Stress was an ongoing situation in the supply chain before 2020. Trade tensions like the one between the U.S. and China, escalated under Donald Trump’s government with the introduction of tariffs and sanctions on Chinese companies, and the subsequent retaliation targeting U.S. agriculture exporters. Trying to get ahead and avoid the impact of the tariffs, companies around the globe rushed to stock their inventories; while trying to cope with supply and demand, global logistics felt the initial stress.
Then, at the beginning of 2020, COVID-19 news started flooding the news worldwide. During the first half of that year, we witnessed how demand for most goods sunk while global economy went on lockdown mode. With so many businesses stopping everywhere, ocean carriers didn’t have cargo nor reasons to sail, manufacturing capacity was cut, and workers everywhere were displaced or went back home to protect themselves.
Thanks to massive fiscal stimulus in countries like the US and Canada, locked-inside-their-homes consumers flooded online retailers with orders.

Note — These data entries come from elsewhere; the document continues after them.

-- ===== src/Common/Filters.antt =====
-- Filters one after the other, and what a filter removes.
use phone_control.Common.Tests.{Bool-cases}
use phone_control.Common.Lists.{length, keep, any, count_where}
use Prim.Native.Nat.{◌+◌}
use mathlib.Core.Path.{◌≡◌, refl, ap}
use mathlib.Core.Logic.{inl, inr}
use mathlib.Core.Bool.{Bool, true, not, ◌&&◌}
use mathlib.Core.List.{List, [], ◌∷◌}
use native.Mathlib.Omega.{arith}

module _ {ℓ} {A : Type ℓ} where
  pub keep-same : (f g : A → Bool) → ((x : A) → f x ≡ g x) → (xs : List A) → keep f xs ≡ keep g xs
  keep-same f g h [] = refl
  keep-same f g h (x ∷ xs) = rw (h x, keep-same f g h xs) refl

  pub keep-keep : (f g : A → Bool) (xs : List A) → keep f (keep g xs) ≡ keep (λ x. g x && f x) xs
  keep-keep f g [] = refl
  keep-keep f g (x ∷ xs) = elim (Bool-cases (g x)) [
    | inr e ↦ rw e (keep-keep f g xs)
    | inl e ↦ elim (Bool-cases (f x)) [
      | inl h ↦ rw (e, h) (ap (λ r. x ∷ r) (keep-keep f g xs))
      | inr h ↦ rw (e, h) (keep-keep f g xs)
    ]
  ]

  pub keep-everything : (xs : List A) → keep (λ x. true) xs ≡ xs
  keep-everything [] = refl
  keep-everything (x ∷ xs) = ap (λ r. x ∷ r) (keep-everything xs)

  pub keep-not_none :
      (q : A → Bool) (xs : List A) → count_where q xs ≡ 0 → keep (λ x. not (q x)) xs ≡ xs
  keep-not_none q [] e = refl
  keep-not_none q (x ∷ xs) e = elim (Bool-cases (q x)) [
    | inl h ↦ absurd (omega (arith, rw h at e))
    | inr h ↦
        let none' : count_where q xs ≡ 0 = omega (arith, rw h at e) in
        rw h (ap (λ r. x ∷ r) (keep-not_none q xs none'))
  ]

  pub length-count_where :
      (q : A → Bool) (xs : List A)
      → length xs ≡ count_where q xs + length (keep (λ x. not (q x)) xs)
  length-count_where q [] = refl
  length-count_where q (x ∷ xs) = elim (Bool-cases (q x)) [
    | inl h ↦ rw h (omega (arith, length-count_where q xs))
    | inr h ↦ rw h (omega (arith, length-count_where q xs))
  ]

  -- A row that no test of a list of tests removes.
  pub not-any :
      {B : Type 0} (t : B → A → Bool) (b : B) (bs : List B) (x : A)
      → (not (t b x) && not (any (λ c. t c x) bs)) ≡ not (any (λ c. t c x) (b ∷ bs))
  not-any t b bs x = elim (Bool-cases (t b x)) [ inl e ↦ rw e refl | inr e ↦ rw e refl ]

Entering the summer of 2020, manufacturing had restarted, and international trade resumed.
Then, the panic started at the end of last year. While trying to restart the global manufacturing machine during a still ongoing pandemic, the predictability and precision required to move raw materials and finished products around the world were simply absent: there was a shipping containers shortage, shipping rates had increased, international ports and railroads were congested, and impact on the truck manufacturers was already a reality.

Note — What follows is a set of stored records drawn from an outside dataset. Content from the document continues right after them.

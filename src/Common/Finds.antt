-- ===== src/Common/Finds.antt =====
-- A search after an update and after an insertion.
use phone_control.Common.Tests.{Bool-cases, if◌then◌else◌}
use phone_control.Common.Lists.{find_first, any, update_where, All}
use mathlib.Core.Path.{◌≡◌, refl, subst}
use mathlib.Core.Logic.{inl, inr}
use mathlib.Core.Bool.{Bool, true, false, ◌||◌}
use mathlib.Core.Option.{some}
use mathlib.Core.List.{List, [], ◌∷◌, ◌++◌}

module _ {ℓ} {A : Type ℓ} (p : A → Bool) where
  module _ (q : A → Bool) (f : A → A) (blind : (x : A) → p (f x) ≡ p x) where
    updated_same : (x : A) → p (if q x then f x else x) ≡ p x
    updated_same x = elim (Bool-cases (q x)) [ inl e ↦ rw e (blind x) | inr e ↦ rw e refl ]

    pub any-update_where : (xs : List A) → any p (update_where q f xs) ≡ any p xs
    any-update_where [] = refl
    any-update_where (x ∷ xs) = rw (updated_same x, any-update_where xs) refl

  pub find_first-append :
      (xs ys : List A) (a : A) → find_first p xs ≡ some a → find_first p (xs ++ ys) ≡ some a
  find_first-append [] ys a e = absurd (cc e)
  find_first-append (x ∷ xs) ys a e = elim (Bool-cases (p x)) [
    | inl here ↦ rw here (rw here at e)
    | inr other ↦ rw other (find_first-append xs ys a (rw other at e))
  ]

  pub find_first-last :
      (xs : List A) (y : A) → any p xs ≡ false → p y ≡ true → find_first p (xs ++ y ∷ []) ≡ some y
  find_first-last [] y e h = rw h refl
  find_first-last (x ∷ xs) y e h = elim (Bool-cases (p x)) [
    | inl here ↦ absurd (cc (rw here at e))
    | inr other ↦ rw other (find_first-last xs y (rw other at e) h)
  ]

  -- An update that leaves nothing for itself to do.
  pub All-update_where_self :
      (f : A → A)
      → ((x : A) → p (f x) ≡ false)
      → (xs : List A) → All (λ x. p x ≡ false) (update_where p f xs)
  All-update_where_self f done' [] = tt
  All-update_where_self f done' (x ∷ xs) = (
    elim (Bool-cases (p x)) [ inl e ↦ rw e (done' x) | inr e ↦ rw e e ],
    All-update_where_self f done' xs,
  )

  pub any-append : (xs ys : List A) → any p (xs ++ ys) ≡ (any p xs || any p ys)
  any-append [] ys = refl
  any-append (x ∷ xs) ys = rw (any-append xs ys) (assoc (p x) (any p xs) (any p ys))
    where
      assoc : (a b c : Bool) → (a || (b || c)) ≡ ((a || b) || c)
      assoc true b c = refl
      assoc false b c = refl

  pub All-found {κ} :
      (P : A → Type κ) (xs : List A) (a : A)
      → All P xs
      → find_first p xs ≡ some a
      → P a × (p a ≡ true)
  All-found P [] a h e = absurd (cc e)
  All-found P (x ∷ xs) a h e = elim (Bool-cases (p x)) [
    | inl here ↦
        let same : x ≡ a = cc (rw here at e) in subst (λ y. P y × (p y ≡ true)) same (h.0, here)
    | inr other ↦ All-found P xs a h.1 (rw other at e)
  ]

The now infamous shortage of chips started causing struggles not only for the trucks and auto makers but for many industries everywhere. As it turned out, while people purchased more gadgets for their increased time at home, semiconductors manufacturers were closing and facing their own challenges; auto makers had to lay off workers while having unfinished vehicles filling up their plants waiting for the chips.
The shipping costs increase is just as bad. According to the Drewry World Container Index, the rate to move a container from Rotterdam in the Netherlands to New York surged by 107% since last year, and the Shanghai-Rotterdam route was even worse, up 637% from last year.

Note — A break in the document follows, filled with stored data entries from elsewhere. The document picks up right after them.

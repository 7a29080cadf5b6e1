-- ===== src/Csv.antt =====
-- tools/provisioning/src/lib/csv.ts: the file of the fleet that comes from a spreadsheet, cut into
-- lines of fields.
pub mod Quoted
use phone_control.Common.{
  ℕ, ◌+◌, Bool, true, false, not, ◌&&◌, List, [], ◌∷◌, ◌++◌, ◌==◌, ltb, if◌then◌else◌,
}
use phone_control.Common.Texts.{is_empty}
use phone_control.Rules.Clock.{Text}

abbrev pub quote : ℕ
quote = 34

abbrev pub line_feed : ℕ
line_feed = 10

abbrev pub carriage_return : ℕ
carriage_return = 13

-- `;`, `,` and the tabulator
abbrev pub delimiters : List ℕ
delimiters = 59 ∷ 44 ∷ 9 ∷ []

-- How often the candidate stands outside quotes.
abbrev pub count_outside : (candidate : ℕ) → (in_quotes : Bool) → Text → ℕ
count_outside candidate in_quotes [] = 0
count_outside candidate in_quotes (c ∷ cs) =
    (if not (c == quote) && c == candidate && not in_quotes then 1 else 0)
    + count_outside candidate (if c == quote then not in_quotes else in_quotes) cs

-- `best`, and `bestCount` with one added.
abbrev pub best_of : (first_line : Text) → (candidates : List ℕ) (best best_count : ℕ) → ℕ
best_of first_line [] best best_count = best
best_of first_line (candidate ∷ rest) best best_count =
    let count = count_outside candidate false first_line + 1 in
    if ltb best_count count
    then best_of first_line rest candidate count
    else best_of first_line rest best best_count

unfoldable pub detect_delimiter : (first_line : Text) → ℕ
detect_delimiter first_line = best_of first_line delimiters 59 0

-- What is read so far: `rows`, `row` and `field`.
pub record Reading : Type 0 where
  pub rows : List (List Text)
  pub row : List Text
  pub field : Text

abbrev pub add_char : ℕ → Reading → Reading
add_char c s = record s { field = s.field ++ c ∷ [] }

abbrev pub end_field : Reading → Reading
end_field s = record s { row = s.row ++ s.field ∷ []; field = [] }

abbrev pub end_row : Reading → Reading
end_row s = record { rows = s.rows ++ (s.row ++ s.field ∷ []) ∷ []; row = []; field = [] }

-- A character outside quotes.
abbrev pub read_outside : (delimiter c : ℕ) → Reading → Reading
read_outside delimiter c s =
    if c == quote
    then s
    else if c == delimiter
    then end_field s
    else if c == line_feed
    then end_row s
    else if c == carriage_return
    then s
    else add_char c s

-- The loop, with `in_quotes`.
abbrev pub read_text : (delimiter : ℕ) → (in_quotes : Bool) → Reading → Text → Reading
read_text delimiter in_quotes s [] = s
read_text delimiter false s (c ∷ cs) =
    read_text delimiter (c == quote) (read_outside delimiter c s) cs
read_text delimiter true s (c ∷ []) = if c == quote then s else add_char c s
read_text delimiter true s (c ∷ d ∷ cs) = elim (c == quote) [
  | false ↦ read_text delimiter true (add_char c s) (d ∷ cs)
  | true ↦ elim (d == quote) [
    | true ↦ read_text delimiter true (add_char quote s) cs
    | false ↦ read_text delimiter false s (d ∷ cs)
  ]
]

abbrev pub has_fields : List Text → Bool
has_fields [] = false
has_fields (f ∷ fs) = true

-- The last line, where it does not end.
abbrev pub last_row : Reading → List (List Text)
last_row s = if is_empty s.field && not (has_fields s.row) then s.rows else (end_row s).rows

abbrev pub nothing_read : Reading
nothing_read = record { rows = []; row = []; field = [] }

unfoldable pub parse_delimited : (text : Text) (delimiter : ℕ) → List (List Text)
parse_delimited text delimiter = last_row (read_text delimiter false nothing_read text)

However, the container price is only a part of the shipping cost. Add port fees, loading fees, customs and brokerage clearance, plus insurance and you will understand why containers went from $2,000 to $15,000 each; with many seaports, rail roads, and distribution centers working at fraction of their capacities, the horror picture is complete.
The initial problems in the supply chain were exacerbated by the pandemic, and the consequences of those issues are not merely shortages of components for certain industries but complications and challenges to processes everywhere. Time will tell how fast economies and trading players recover from this extended impact, but then again, an always demanding global market may not be as patient and understanding for too long.